Within the listing below, determine how many lines hold the word "Settles". Give the number with no commentary.
|---|
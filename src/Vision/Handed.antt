-- ===== src/Vision/Handed.antt =====
-- crates/clash-proxynet/src/vision.rs: the bytes that poll_read hands out are the next ones due.
use rust_clash.Common.{
  ℕ, suc, ◌<◌, ◌≡◌, refl, sym, ◌∙◌, ap, Option, List, [], ◌∷◌, ◌++◌, arith, length, take, drop,
  take-append-drop, length-take, length-drop, nat_eq, list_eq,
}
use mathlib.Core.Path.{subst}
use mathlib.Core.List.{append_assoc}
use Prim.Native.Nat.{min}
use rust_clash.Io.{Next}
use rust_clash.Io.Steps.{Settles}
use rust_clash.Vision.{VisionRead, Mode, read_raw, feed, read_framed, decide_loop}
use rust_clash.Vision.Frames.{Behind, fronts}
use rust_clash.Vision.Due.{state, Due, raw_feed}
use rust_clash.Vision.Branches.{framed_content}

module _ (uuid : List ℕ) (detach : List ℕ → Option (List ℕ)) where
  pub raw-Settles :
      (fuel room start : ℕ) (buffered : List ℕ) (c r p e : ℕ) (bytes payload : List ℕ)
      → 0 < room
      → buffered ++ bytes ≡ payload
      → Settles
          (Due uuid)
          feed
          bytes
          payload
          (decide_loop uuid detach (suc fuel) room (state Mode.raw start buffered c r p e))
  unfolding decide_loop read_raw
  raw-Settles fuel room start [] c r p e bytes payload pos q = (
    pos,
    (q, refl),
    λ got rest fits gone cut. raw_feed uuid start c r p e got rest bytes payload q gone cut,
  )
  raw-Settles fuel room start (b ∷ buffered) c r p e bytes payload pos q =
      let n = min (length (b ∷ buffered)) room in
      let front = take n (b ∷ buffered) in
      let back = drop n (b ∷ buffered) in
      (
        back ++ bytes,
        sym q
            ∙ ap (λ w. w ++ bytes) (sym (take-append-drop n (b ∷ buffered)))
            ∙ append_assoc front back bytes,
        (refl, refl),
        λ nil. absurd (omega (arith, pos, ap length nil, length-take n (b ∷ buffered))),
      )

  -- Content that is handed out.
  pub content-Settles :
      (loop : VisionRead → Next VisionRead) (room start : ℕ) (b : ℕ) (buffered : List ℕ) (c e : ℕ)
      (bytes payload : List ℕ) (x : ℕ) (content padding wire rest : List ℕ)
      → 0 < room
      → (b ∷ buffered) ++ bytes ≡ (x ∷ content) ++ (padding ++ wire)
      → payload ≡ (x ∷ content) ++ rest
      → Behind c wire rest
      → Settles (Due uuid) feed bytes payload (
          read_framed uuid detach loop room
            (state Mode.framed start (b ∷ buffered) c (length (x ∷ content)) (length padding) e))
  content-Settles loop room start b buffered c e bytes payload x content padding wire rest pos eq q
        behind =
      let n = min (min (length (x ∷ content)) (length (b ∷ buffered))) room in
      let (same, left) =
        fronts n (b ∷ buffered) bytes (x ∷ content) (padding ++ wire) (omega arith) (omega arith)
          eq in
      subst (λ w. Settles (Due uuid) feed bytes payload w)
        (sym (
          framed_content uuid detach loop room
            (state Mode.framed start (b ∷ buffered) c (length (x ∷ content)) (length padding) e)
            (omega arith) (omega arith)))
        (
          drop n (x ∷ content) ++ rest,
          q
              ∙ ap (λ w. w ++ rest) (sym (take-append-drop n (x ∷ content)))
              ∙ append_assoc (take n (x ∷ content)) (drop n (x ∷ content)) rest
              ∙ ap (λ w. w ++ (drop n (x ∷ content) ++ rest)) (sym same),
          (
            drop n (x ∷ content),
            padding,
            wire,
            rest,
            length-drop n (x ∷ content),
            refl,
            left,
            refl,
            behind,
            refl,
          ),
          λ nil. absurd (omega (arith, pos, ap length nil, length-take n (b ∷ buffered))),
        )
|---|
• _Result below_
9